■ TRY IT ■
The answer must be a single number: how many lines in the entries hold the string "more".
Top of STUDY MATERIAL
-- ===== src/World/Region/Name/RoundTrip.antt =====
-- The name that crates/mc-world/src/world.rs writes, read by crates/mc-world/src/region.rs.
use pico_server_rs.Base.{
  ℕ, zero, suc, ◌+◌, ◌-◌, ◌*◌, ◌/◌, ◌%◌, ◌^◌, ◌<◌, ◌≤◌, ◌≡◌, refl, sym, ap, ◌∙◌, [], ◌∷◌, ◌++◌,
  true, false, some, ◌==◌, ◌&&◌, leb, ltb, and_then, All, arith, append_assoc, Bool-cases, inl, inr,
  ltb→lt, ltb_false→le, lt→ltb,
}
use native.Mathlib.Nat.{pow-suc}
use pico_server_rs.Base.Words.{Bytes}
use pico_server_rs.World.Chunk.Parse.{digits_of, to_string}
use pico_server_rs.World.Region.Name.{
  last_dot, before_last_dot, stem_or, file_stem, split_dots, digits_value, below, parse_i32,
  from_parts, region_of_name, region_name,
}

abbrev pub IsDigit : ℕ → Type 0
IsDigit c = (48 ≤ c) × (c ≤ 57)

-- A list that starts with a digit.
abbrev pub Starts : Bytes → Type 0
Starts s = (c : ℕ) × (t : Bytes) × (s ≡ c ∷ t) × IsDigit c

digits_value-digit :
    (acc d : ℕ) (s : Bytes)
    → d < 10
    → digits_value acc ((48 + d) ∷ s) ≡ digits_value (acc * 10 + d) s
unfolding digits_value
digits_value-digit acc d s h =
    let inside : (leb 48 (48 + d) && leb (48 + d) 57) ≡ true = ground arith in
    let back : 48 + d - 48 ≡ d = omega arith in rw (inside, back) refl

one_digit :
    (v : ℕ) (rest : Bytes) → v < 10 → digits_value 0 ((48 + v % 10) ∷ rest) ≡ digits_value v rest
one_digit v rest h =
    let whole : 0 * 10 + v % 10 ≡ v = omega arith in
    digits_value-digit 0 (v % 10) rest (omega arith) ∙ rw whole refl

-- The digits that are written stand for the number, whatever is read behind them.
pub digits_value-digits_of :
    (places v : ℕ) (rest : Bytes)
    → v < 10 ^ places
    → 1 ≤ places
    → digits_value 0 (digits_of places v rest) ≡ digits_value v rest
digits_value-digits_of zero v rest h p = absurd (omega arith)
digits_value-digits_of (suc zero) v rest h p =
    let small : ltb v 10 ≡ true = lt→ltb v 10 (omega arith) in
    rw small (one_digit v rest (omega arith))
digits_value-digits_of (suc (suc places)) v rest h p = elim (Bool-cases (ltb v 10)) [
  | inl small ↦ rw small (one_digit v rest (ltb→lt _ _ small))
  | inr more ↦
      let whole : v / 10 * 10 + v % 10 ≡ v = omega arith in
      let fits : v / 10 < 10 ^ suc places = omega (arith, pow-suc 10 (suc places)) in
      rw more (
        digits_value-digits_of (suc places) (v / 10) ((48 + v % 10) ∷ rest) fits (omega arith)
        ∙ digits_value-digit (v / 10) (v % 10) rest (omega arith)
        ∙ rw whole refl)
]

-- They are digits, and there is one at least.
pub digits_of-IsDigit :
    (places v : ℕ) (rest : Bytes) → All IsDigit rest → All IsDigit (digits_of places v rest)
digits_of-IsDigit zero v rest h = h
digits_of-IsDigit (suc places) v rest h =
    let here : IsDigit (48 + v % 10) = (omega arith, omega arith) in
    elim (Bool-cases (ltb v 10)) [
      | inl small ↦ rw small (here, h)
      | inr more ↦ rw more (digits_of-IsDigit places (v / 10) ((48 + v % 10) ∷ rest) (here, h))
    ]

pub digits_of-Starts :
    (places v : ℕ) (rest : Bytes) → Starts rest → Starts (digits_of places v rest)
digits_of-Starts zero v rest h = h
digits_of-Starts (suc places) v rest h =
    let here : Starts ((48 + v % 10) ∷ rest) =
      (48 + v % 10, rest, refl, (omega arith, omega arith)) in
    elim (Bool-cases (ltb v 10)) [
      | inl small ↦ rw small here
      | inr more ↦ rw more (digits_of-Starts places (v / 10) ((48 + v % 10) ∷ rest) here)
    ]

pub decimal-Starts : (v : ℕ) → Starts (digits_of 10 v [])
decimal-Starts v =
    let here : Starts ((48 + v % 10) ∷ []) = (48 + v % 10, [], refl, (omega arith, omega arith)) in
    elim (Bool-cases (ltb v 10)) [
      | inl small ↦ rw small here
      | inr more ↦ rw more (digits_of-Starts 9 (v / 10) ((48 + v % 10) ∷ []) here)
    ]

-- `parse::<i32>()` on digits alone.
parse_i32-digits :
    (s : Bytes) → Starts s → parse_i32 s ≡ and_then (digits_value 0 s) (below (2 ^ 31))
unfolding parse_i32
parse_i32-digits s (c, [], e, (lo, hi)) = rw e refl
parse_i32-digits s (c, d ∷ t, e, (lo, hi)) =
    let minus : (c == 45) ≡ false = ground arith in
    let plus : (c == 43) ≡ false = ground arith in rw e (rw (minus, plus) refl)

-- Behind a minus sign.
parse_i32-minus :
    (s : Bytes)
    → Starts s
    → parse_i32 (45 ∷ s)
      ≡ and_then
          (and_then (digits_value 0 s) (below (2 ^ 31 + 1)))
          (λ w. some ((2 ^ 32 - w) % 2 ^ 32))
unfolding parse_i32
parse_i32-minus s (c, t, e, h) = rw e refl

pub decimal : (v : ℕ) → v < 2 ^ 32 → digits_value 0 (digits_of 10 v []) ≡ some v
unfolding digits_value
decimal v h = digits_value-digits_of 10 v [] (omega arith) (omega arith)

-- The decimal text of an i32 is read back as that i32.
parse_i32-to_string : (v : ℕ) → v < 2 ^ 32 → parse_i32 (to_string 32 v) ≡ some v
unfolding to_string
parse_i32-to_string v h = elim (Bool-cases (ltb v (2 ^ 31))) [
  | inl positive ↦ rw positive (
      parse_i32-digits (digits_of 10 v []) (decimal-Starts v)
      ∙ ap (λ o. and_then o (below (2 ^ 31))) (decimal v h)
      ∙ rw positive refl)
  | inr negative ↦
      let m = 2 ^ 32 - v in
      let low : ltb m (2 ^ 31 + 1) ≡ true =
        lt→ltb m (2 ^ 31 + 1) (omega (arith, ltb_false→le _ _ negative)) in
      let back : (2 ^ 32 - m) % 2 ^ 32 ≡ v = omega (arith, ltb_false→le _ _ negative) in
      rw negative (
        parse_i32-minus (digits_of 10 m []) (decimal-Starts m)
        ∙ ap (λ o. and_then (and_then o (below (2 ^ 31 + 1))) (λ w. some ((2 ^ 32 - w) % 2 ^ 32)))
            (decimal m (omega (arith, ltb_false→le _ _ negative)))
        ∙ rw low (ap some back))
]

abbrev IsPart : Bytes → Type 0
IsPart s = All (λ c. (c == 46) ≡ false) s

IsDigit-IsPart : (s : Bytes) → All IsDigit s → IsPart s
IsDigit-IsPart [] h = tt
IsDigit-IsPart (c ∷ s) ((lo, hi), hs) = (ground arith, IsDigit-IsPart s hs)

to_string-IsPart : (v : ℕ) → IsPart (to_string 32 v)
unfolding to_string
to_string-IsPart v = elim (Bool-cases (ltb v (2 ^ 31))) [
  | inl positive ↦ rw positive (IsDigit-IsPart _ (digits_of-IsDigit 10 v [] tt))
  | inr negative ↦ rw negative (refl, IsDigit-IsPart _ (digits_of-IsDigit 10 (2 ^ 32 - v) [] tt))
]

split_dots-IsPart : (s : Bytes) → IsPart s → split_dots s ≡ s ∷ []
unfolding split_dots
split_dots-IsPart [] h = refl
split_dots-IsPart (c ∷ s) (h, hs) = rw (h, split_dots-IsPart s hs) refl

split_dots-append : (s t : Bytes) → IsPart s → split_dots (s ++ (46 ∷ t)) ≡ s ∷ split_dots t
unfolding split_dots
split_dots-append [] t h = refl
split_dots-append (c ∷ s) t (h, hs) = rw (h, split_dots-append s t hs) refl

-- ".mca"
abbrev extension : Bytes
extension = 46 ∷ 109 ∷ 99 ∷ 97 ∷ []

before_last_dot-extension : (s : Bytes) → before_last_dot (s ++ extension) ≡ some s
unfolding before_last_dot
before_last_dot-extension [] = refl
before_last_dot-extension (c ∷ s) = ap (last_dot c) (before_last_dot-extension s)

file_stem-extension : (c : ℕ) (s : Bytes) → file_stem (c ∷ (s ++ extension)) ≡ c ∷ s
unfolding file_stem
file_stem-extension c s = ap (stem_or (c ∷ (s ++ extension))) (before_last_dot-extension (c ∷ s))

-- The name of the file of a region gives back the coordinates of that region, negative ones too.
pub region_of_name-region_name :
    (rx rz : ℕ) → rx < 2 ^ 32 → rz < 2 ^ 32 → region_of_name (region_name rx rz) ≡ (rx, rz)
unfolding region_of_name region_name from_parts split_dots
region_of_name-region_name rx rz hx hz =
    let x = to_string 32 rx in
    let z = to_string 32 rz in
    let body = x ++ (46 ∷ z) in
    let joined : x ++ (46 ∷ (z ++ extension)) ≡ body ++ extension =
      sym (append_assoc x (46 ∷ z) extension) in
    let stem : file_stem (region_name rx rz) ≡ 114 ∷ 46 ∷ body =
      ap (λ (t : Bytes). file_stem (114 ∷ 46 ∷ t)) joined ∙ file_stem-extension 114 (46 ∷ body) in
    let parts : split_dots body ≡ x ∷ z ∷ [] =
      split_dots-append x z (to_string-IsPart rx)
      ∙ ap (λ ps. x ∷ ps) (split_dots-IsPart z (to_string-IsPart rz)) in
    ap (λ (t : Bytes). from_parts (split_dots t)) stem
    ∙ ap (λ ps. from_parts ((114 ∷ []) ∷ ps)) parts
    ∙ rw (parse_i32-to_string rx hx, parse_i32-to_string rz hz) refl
Bottom of STUDY MATERIAL
■ THE COMPLETED TASK ■
5